I finally bought it 2 weeks ago and i must say that after approximately 200 miles riding i agree with all that has been said....the bike is VERY, VERY smooth on the road....handles VERY, VERY nicely.....i couldnt be more pleased with it and everyone who see's it just loves the cobalt blue color ( 2005 model ) ...the only thing i may change besides the stock brake pads to the koolstops might be the wheels, which arent a problem at all, actually kinda of a cool spoke pattern, but i really am not a fan of black wheels , so i might do a set of shimano r550's , but not this year.
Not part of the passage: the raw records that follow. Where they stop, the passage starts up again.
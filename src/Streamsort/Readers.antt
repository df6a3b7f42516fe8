-- ===== src/Streamsort/Readers.antt =====
-- Readers against `Close`, on a store that is finalized: the atomic steps of each goroutine, in any
-- order. A reading method loads `closed`, then counts itself in `readers`, and then works on the
-- database until `readers.Done()`; a cursor or a getter stays in that last part while it is open.
pub mod Safety
pub mod Races
use state_actor.Prelude.{ℕ, ◌+◌, ◌-◌, ◌≡◌, Bool, true, false, List, [], ◌∷◌, ◌++◌, if◌then◌else◌}

pub data Reader : Type 0 where
  at_start checked reading finished : Reader

pub data Closer : Type 0 where
  before_close draining closing closed_db : Closer

pub record Shared : Type 0 where
  pub closed : Bool
  pub readers : ℕ
  pub db_closed : Bool
  pub closer : Closer
  pub threads : List Reader

abbrev pub new_shared : Shared
new_shared = record {
  closed = false;
  readers = 0;
  db_closed = false;
  closer = before_close;
  threads = [];
}

-- `if s.closed.Load() { return … }`, by the thread between `xs` and `ys`
abbrev pub load_closed : Shared → List Reader → List Reader → Shared
load_closed s xs ys = record s { threads = xs ++ ((if s.closed then finished else checked) ∷ ys) }

-- `s.readers.Add(1)`
abbrev pub count_reader : Shared → List Reader → List Reader → Shared
count_reader s xs ys = record s { readers = s.readers + 1; threads = xs ++ (reading ∷ ys) }

-- `s.readers.Done()`
abbrev pub uncount_reader : Shared → List Reader → List Reader → Shared
uncount_reader s xs ys = record s { readers = s.readers - 1; threads = xs ++ (finished ∷ ys) }

-- `s.closed.Swap(true)`
abbrev pub swap_closed : Shared → Shared
swap_closed s = record s { closed = true; closer = draining }

-- `s.readers.Wait()`, which returns when no reader is counted
abbrev pub end_wait : Shared → Shared
end_wait s = record s { closer = closing }

-- `s.db.Close()`
abbrev pub close_db : Shared → Shared
close_db s = record s { db_closed = true; closer = closed_db }

pub data Step (s : Shared) : Shared → Type 0 where
  arrive : Step s (record s { threads = at_start ∷ s.threads })
  load : (xs ys : List Reader) → s.threads ≡ xs ++ (at_start ∷ ys) → Step s (load_closed s xs ys)
  count : (xs ys : List Reader) → s.threads ≡ xs ++ (checked ∷ ys) → Step s (count_reader s xs ys)
  uncount :
      (xs ys : List Reader) → s.threads ≡ xs ++ (reading ∷ ys) → Step s (uncount_reader s xs ys)
  swap : s.closer ≡ before_close → Step s (swap_closed s)
  waited : s.closer ≡ draining → s.readers ≡ 0 → Step s (end_wait s)
  shut_db : s.closer ≡ closing → Step s (close_db s)

pub data Reach (s : Shared) : Shared → Type 0 where
  here : Reach s s
  then_step : {t u : Shared} → Reach s t → Step t u → Reach s u

-- How many threads are at a point.
unfoldable pub number : (Reader → Bool) → List Reader → ℕ
number test [] = 0
number test (r ∷ rs) = let rest = number test rs in if test r then 1 + rest else rest

abbrev pub is_checked : Reader → Bool
is_checked checked = true
is_checked _ = false

abbrev pub is_reading : Reader → Bool
is_reading reading = true
is_reading _ = false
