-- ===== src/Streamsort/Readers/Safety.antt =====
-- What holds in every reachable state, and what `Close` is safe under.
use mathlib.Core.Bool.{true≢false}
use state_actor.Prelude.{
  ◌+◌, ◌≡◌, refl, ap, sym, ◌∙◌, arith, ◌⊎◌, inl, inr, Bool, true, false, not, List, [], ◌∷◌, ◌++◌,
  if◌then◌else◌,
}
use state_actor.Streamsort.Readers.{
  Reader, at_start, checked, reading, finished, Closer, before_close, draining, closing, closed_db,
  Shared, new_shared, Step, arrive, load, count, uncount, swap, waited, shut_db, Reach, here,
  then_step, number, is_checked, is_reading,
}

-- One thread among the others.
pub number-split :
    (test : Reader → Bool) (xs ys : List Reader) (r : Reader)
    → number test (xs ++ (r ∷ ys)) ≡ (if test r then 1 else 0) + number test (xs ++ ys)
unfolding number
number-split test [] ys r = ground arith
number-split test (x ∷ xs) ys r = ground (arith, number-split test xs ys r)

-- The threads before a step that moves one of them, and after it.
module _ (test : Reader → Bool) (ts xs ys : List Reader) (r r' : Reader) where
  pub number-moved :
      ts ≡ xs ++ (r ∷ ys)
      → number test (xs ++ (r' ∷ ys)) + (if test r then 1 else 0)
        ≡ number test ts + (if test r' then 1 else 0)
  number-moved h = rw h (omega (arith, number-split test xs ys r, number-split test xs ys r'))

abbrev pub is_before : Closer → Bool
is_before before_close = true
is_before _ = false

abbrev pub is_draining : Closer → Bool
is_draining draining = true
is_draining _ = false

abbrev pub has_closed : Closer → Bool
has_closed closed_db = true
has_closed _ = false

-- `readers` counts the threads that work on the database, and `Close` leaves its marks.
pub record IsCounted (s : Shared) : Type 0 where
  pub counted : s.readers ≡ number is_reading s.threads
  pub swapped : is_before s.closer ≡ not s.closed
  pub shut : has_closed s.closer ≡ s.db_closed

-- A loaded thread is at neither point that counts.
loaded : (c : Bool) → is_reading (if c then finished else checked) ≡ false
loaded true = refl
loaded false = refl

Step-IsCounted : (s t : Shared) → IsCounted s → Step s t → IsCounted t
unfolding number
Step-IsCounted s _ w arrive = record { counted = w.counted; swapped = w.swapped; shut = w.shut }
Step-IsCounted s _ w (load xs ys h) = record {
  counted =
      let r : Reader = if s.closed then finished else checked in
      let m = number-moved is_reading s.threads xs ys at_start r h in
      let q = loaded s.closed in omega (arith, w.counted, rw q at m);
  swapped = w.swapped;
  shut = w.shut;
}
Step-IsCounted s _ w (count xs ys h) = record {
  counted = omega (arith, w.counted, number-moved is_reading s.threads xs ys checked reading h);
  swapped = w.swapped;
  shut = w.shut;
}
Step-IsCounted s _ w (uncount xs ys h) = record {
  counted = omega (arith, w.counted, number-moved is_reading s.threads xs ys reading finished h);
  swapped = w.swapped;
  shut = w.shut;
}
Step-IsCounted s _ w (swap h) = record {
  counted = w.counted;
  swapped = refl;
  shut = sym (ap has_closed h) ∙ w.shut;
}
Step-IsCounted s _ w (waited h k) = record {
  counted = w.counted;
  swapped = sym (ap is_before h) ∙ w.swapped;
  shut = sym (ap has_closed h) ∙ w.shut;
}
Step-IsCounted s _ w (shut_db h) = record {
  counted = w.counted;
  swapped = sym (ap is_before h) ∙ w.swapped;
  shut = refl;
}

pub Reach-IsCounted : (s t : Shared) → IsCounted s → Reach s t → IsCounted t
Reach-IsCounted s _ w here = w
Reach-IsCounted s _ w (then_step {t} {u} r step) = Step-IsCounted t u (Reach-IsCounted s t w r) step

pub new_shared-IsCounted : IsCounted new_shared
unfolding number
new_shared-IsCounted = record { counted = refl; swapped = refl; shut = refl }

-- `Close` has swapped the flag, no thread is between its check and its count, and once the wait is
-- over no thread is counted.
pub record IsSafe (s : Shared) : Type 0 where
  pub flagged : s.closed ≡ true
  pub none_checked : number is_checked s.threads ≡ 0
  pub waits : (is_draining s.closer ≡ true) ⊎ (s.readers ≡ 0)

Step-IsSafe : (s t : Shared) → IsCounted s → IsSafe s → Step s t → IsSafe t
unfolding number
Step-IsSafe s _ c w arrive = record {
  flagged = w.flagged;
  none_checked = w.none_checked;
  waits = w.waits;
}
Step-IsSafe s _ c w (load xs ys h) = record {
  flagged = w.flagged;
  none_checked =
      let m = number-moved is_checked s.threads xs ys at_start finished h in
      rw w.flagged (omega (arith, w.none_checked, m));
  waits = w.waits;
}
Step-IsSafe s _ c w (count xs ys h) =
    absurd
      (omega (arith, w.none_checked, number-moved is_checked s.threads xs ys checked reading h))
Step-IsSafe s _ c w (uncount xs ys h) = record {
  flagged = w.flagged;
  none_checked =
      omega (arith, w.none_checked, number-moved is_checked s.threads xs ys reading finished h);
  waits = elim w.waits [ inl d ↦ inl d | inr z ↦ inr (omega (arith, z)) ];
}
Step-IsSafe s _ c w (swap h) = record {
  flagged = refl;
  none_checked = w.none_checked;
  waits = inl refl;
}
Step-IsSafe s _ c w (waited h k) = record {
  flagged = w.flagged;
  none_checked = w.none_checked;
  waits = inr k;
}
Step-IsSafe s _ c w (shut_db h) = record {
  flagged = w.flagged;
  none_checked = w.none_checked;
  waits = elim w.waits [ inl d ↦ inl (ap is_draining (sym h) ∙ d) | inr z ↦ inr z ];
}

pub Reach-IsSafe : (s t : Shared) → IsCounted s → IsSafe s → Reach s t → IsSafe t
Reach-IsSafe s _ c w here = w
Reach-IsSafe s _ c w (then_step {t} {u} r step) =
    Step-IsSafe t u (Reach-IsCounted s t c r) (Reach-IsSafe s t c w r) step

open_while_draining : (c : Closer) → is_draining c ≡ true → has_closed c ≡ false
open_while_draining before_close d = refl
open_while_draining draining d = refl
open_while_draining closing d = refl
open_while_draining closed_db d = absurd (true≢false (sym d))

-- A database that is closed is not read.
pub IsSafe-unread :
    (s : Shared) → IsCounted s → IsSafe s → s.db_closed ≡ true → number is_reading s.threads ≡ 0
IsSafe-unread s c w h = elim w.waits [
  | inl d ↦ absurd (true≢false (sym h ∙ (sym c.shut ∙ open_while_draining s.closer d)))
  | inr z ↦ sym c.counted ∙ z
]
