-- ===== src/Streamsort/Readers/Races.antt =====
-- Which interleavings close the database, and which do so under a reader.
use mathlib.Core.Bool.{false≢true}
use state_actor.Prelude.{
  ℕ, zero, suc, ◌≤◌, ◌≡◌, refl, ap, sym, ◌∙◌, arith, ◌⊎◌, ◌↔◌, inl, inr, Bool, true, false, not,
  List, [], ◌∷◌, ◌++◌, Bool-cases,
}
use state_actor.Streamsort.Readers.{
  Reader, at_start, checked, reading, finished, Closer, before_close, draining, closing, closed_db,
  Shared, new_shared, count, uncount, swap, waited, shut_db, Step, arrive, load, Reach, here,
  then_step, number, is_checked, is_reading, count_reader, uncount_reader, end_wait, close_db,
  swap_closed,
}
use state_actor.Streamsort.Readers.Safety.{
  number-moved, is_before, is_draining, has_closed, IsCounted, Reach-IsCounted,
  new_shared-IsCounted, Reach-IsSafe, IsSafe-unread,
}

-- A thread at a point that is counted.
pub record Standing (test : Reader → Bool) (ts : List Reader) : Type 0 where
  pub before : List Reader
  pub thread : Reader
  pub after : List Reader
  pub splits : ts ≡ before ++ (thread ∷ after)
  pub stands : test thread ≡ true

standing : (test : Reader → Bool) (ts : List Reader) → 1 ≤ number test ts → Standing test ts
unfolding number
standing test [] h = absurd (omega arith)
standing test (r ∷ ts) h = elim (Bool-cases (test r)) [
  | inl e ↦ record { before = []; thread = r; after = ts; splits = refl; stands = e }
  | inr e ↦
      (let st = standing test ts (rw e at h) in
        record {
          before = r ∷ st.before;
          thread = st.thread;
          after = st.after;
          splits = ap (λ l. r ∷ l) st.splits;
          stands = st.stands;
        })
]

only_reading : (r : Reader) → is_reading r ≡ true → r ≡ reading
only_reading at_start h = cc
only_reading checked h = cc
only_reading reading h = refl
only_reading finished h = cc

only_checked : (r : Reader) → is_checked r ≡ true → r ≡ checked
only_checked at_start h = cc
only_checked checked h = refl
only_checked reading h = cc
only_checked finished h = cc

-- A state with nobody left on the database, the other threads where they were.
pub record Drained (s : Shared) : Type 0 where
  pub state : Shared
  pub reach : Reach s state
  pub no_reader : number is_reading state.threads ≡ 0
  pub same_checked : number is_checked state.threads ≡ number is_checked s.threads
  pub same_closer : state.closer ≡ s.closer

Reach-trans : {s t u : Shared} → Reach s t → Reach t u → Reach s u
Reach-trans r here = r
Reach-trans r (then_step q step) = then_step (Reach-trans r q) step

-- Every reader can end its work.
drain : (n : ℕ) (s : Shared) → number is_reading s.threads ≡ n → Drained s
drain zero s h = record {
  state = s;
  reach = here;
  no_reader = h;
  same_checked = refl;
  same_closer = refl;
}
drain (suc n) s h =
    let st = standing is_reading s.threads (omega (arith, h)) in
    let at : s.threads ≡ st.before ++ (reading ∷ st.after) =
      rw (sym (only_reading st.thread st.stands)) st.splits in
    let m = number-moved is_reading s.threads st.before st.after reading finished at in
    let k = number-moved is_checked s.threads st.before st.after reading finished at in
    let d = drain n (uncount_reader s st.before st.after) (omega (arith, m, h)) in
    record {
      state = d.state;
      reach = Reach-trans (then_step here (uncount st.before st.after at)) d.reach;
      no_reader = d.no_reader;
      same_checked = omega (arith, d.same_checked, k);
      same_closer = d.same_closer;
    }

flag_set : (b : Bool) → false ≡ not b → b ≡ true
flag_set true h = refl
flag_set false h = h

zero_or_more : (n : ℕ) → (n ≡ 0) ⊎ (1 ≤ n)
zero_or_more zero = inl refl
zero_or_more (suc n) = inr (omega arith)

-- The drained state lets the wait end.
Drained-Reach :
    (s : Shared) (d : Drained s) → IsCounted s → s.closer ≡ draining → Reach s (end_wait d.state)
Drained-Reach s d c h =
    let w = Reach-IsCounted s d.state c d.reach in
    then_step d.reach (waited (d.same_closer ∙ h) (w.counted ∙ d.no_reader))

-- The thread that is counted too late.
race :
    (s : Shared)
    → IsCounted s
    → s.closer ≡ draining
    → 1 ≤ number is_checked s.threads
    → (t : Shared) × Reach s t × (t.db_closed ≡ true) × (1 ≤ number is_reading t.threads)
race s c h late =
    let d = drain (number is_reading s.threads) s refl in
    let ts = d.state.threads in
    let st = standing is_checked ts (omega (arith, d.same_checked, late)) in
    let at : ts ≡ st.before ++ (checked ∷ st.after) =
      rw (sym (only_checked st.thread st.stands)) st.splits in
    let u = end_wait d.state in
    (
      close_db (count_reader u st.before st.after),
      then_step (then_step (Drained-Reach s d c h) (count st.before st.after at)) (shut_db refl),
      refl,
      omega (arith, number-moved is_reading ts st.before st.after checked reading at),
    )

-- After `Close` has set its flag: the database can be closed while a thread works on it exactly
-- when some thread has loaded `closed` before that and is not yet counted.
pub closed_under_reader_iff :
    (s : Shared)
    → Reach new_shared s
    → s.closer ≡ draining
    → ((t : Shared) × Reach s t × (t.db_closed ≡ true) × (1 ≤ number is_reading t.threads))
      ↔ (1 ≤ number is_checked s.threads)
closed_under_reader_iff s r h =
    let c = Reach-IsCounted new_shared s new_shared-IsCounted r in
    (
      λ (t, run, shut, busy). elim (zero_or_more (number is_checked s.threads)) [
        | inl z ↦
            (let safe =
                Reach-IsSafe s t c
                  (record {
                    flagged = flag_set s.closed (sym (ap is_before h) ∙ c.swapped);
                    none_checked = z;
                    waits = inl (ap is_draining h);
                  })
                  run in
              absurd (omega (arith, busy, IsSafe-unread t (Reach-IsCounted s t c run) safe shut)))
        | inr late ↦ late
      ],
      race s c h,
    )

closing_ends :
    (s : Shared) (at : Closer)
    → IsCounted s
    → s.closer ≡ at
    → (t : Shared) × Reach s t × (t.db_closed ≡ true)
closing_ends s before_close c h =
    let u = swap_closed s in
    let run : Reach s u = then_step here (swap h) in
    let d = drain (number is_reading u.threads) u refl in
    (
      close_db (end_wait d.state),
      then_step (Reach-trans run (Drained-Reach u d (Reach-IsCounted s u c run) refl))
          (shut_db refl),
      refl,
    )
closing_ends s draining c h =
    let d = drain (number is_reading s.threads) s refl in
    (close_db (end_wait d.state), then_step (Drained-Reach s d c h) (shut_db refl), refl)
closing_ends s closing c h = (close_db s, then_step here (shut_db h), refl)
closing_ends s closed_db c h = (s, here, sym c.shut ∙ ap has_closed h)

abbrev is_closing : Closer → Bool
is_closing closing = true
is_closing _ = false

draining_is_not_closing : (at : Closer) → at ≡ draining → at ≡ closing → ⊥
draining_is_not_closing at h k = false≢true (sym (ap is_closing h) ∙ ap is_closing k)

-- Out of the wait leads one step alone.
wait_over :
    (s t : Shared)
    → IsCounted s
    → Step s t
    → s.closer ≡ draining
    → t.closer ≡ closing
    → number is_reading s.threads ≡ 0
wait_over s _ c arrive h k = absurd (draining_is_not_closing s.closer h k)
wait_over s _ c (load xs ys e) h k = absurd (draining_is_not_closing s.closer h k)
wait_over s _ c (count xs ys e) h k = absurd (draining_is_not_closing s.closer h k)
wait_over s _ c (uncount xs ys e) h k = absurd (draining_is_not_closing s.closer h k)
wait_over s _ c (swap e) h k = absurd (draining_is_not_closing draining refl k)
wait_over s _ c (waited e z) h k = sym c.counted ∙ z
wait_over s _ c (shut_db e) h k = absurd (draining_is_not_closing s.closer h e)

-- In every reachable state: a step by which `Close` leaves its wait for readers is possible only
-- when no thread works on the database; and there is a continuation in which the threads that do end
-- their work and the database gets closed. A goroutine that never comes to `readers.Done()` is
-- outside of this second part.
pub close_ends :
    (s : Shared)
    → Reach new_shared s
    → ((t : Shared)
        → Step s t
        → s.closer ≡ draining
        → t.closer ≡ closing
        → number is_reading s.threads ≡ 0)
      × ((t : Shared) × Reach s t × (t.db_closed ≡ true))
close_ends s r =
    let c = Reach-IsCounted new_shared s new_shared-IsCounted r in
    (λ t step. wait_over s t c step, closing_ends s s.closer c refl)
Anyhow, i love the bike, i have the stem flipped to a most upright position and it really is comfortable,,,,,my first 40 mile ride of the year i came back feeling fresher than i ever have. The handelbars are much wider than my old rig had, and i gotta say i like them that way, topped off with ultegra brifters and rear derailer, all for the 965.00 i paid for it....all i can say is......ABSOLUTELY ZERO BUYERS REMORSE .....  Thank you all who responded to this thread, your input was greatly appreciated and very helpful.


----------



## plmn (Feb 21, 2005)

I bought an OCR 1 a month ago, I posted a review yesterday. 

It's my first real road bike, so I don't have much to compare it too, but so far after about 200 miles I have few complaints. My butt doesn't seem to like the seat much, but other than that it seems to be a nice ride. I like the bigger tires and more comfortable geometry, I wanted a bike to put miles on rather than pure speed. Plus it came with decent pedals that work well with my MTB shoes.

I looked around quite a bit but could not find a better deal. I'm happy with my choice.


----------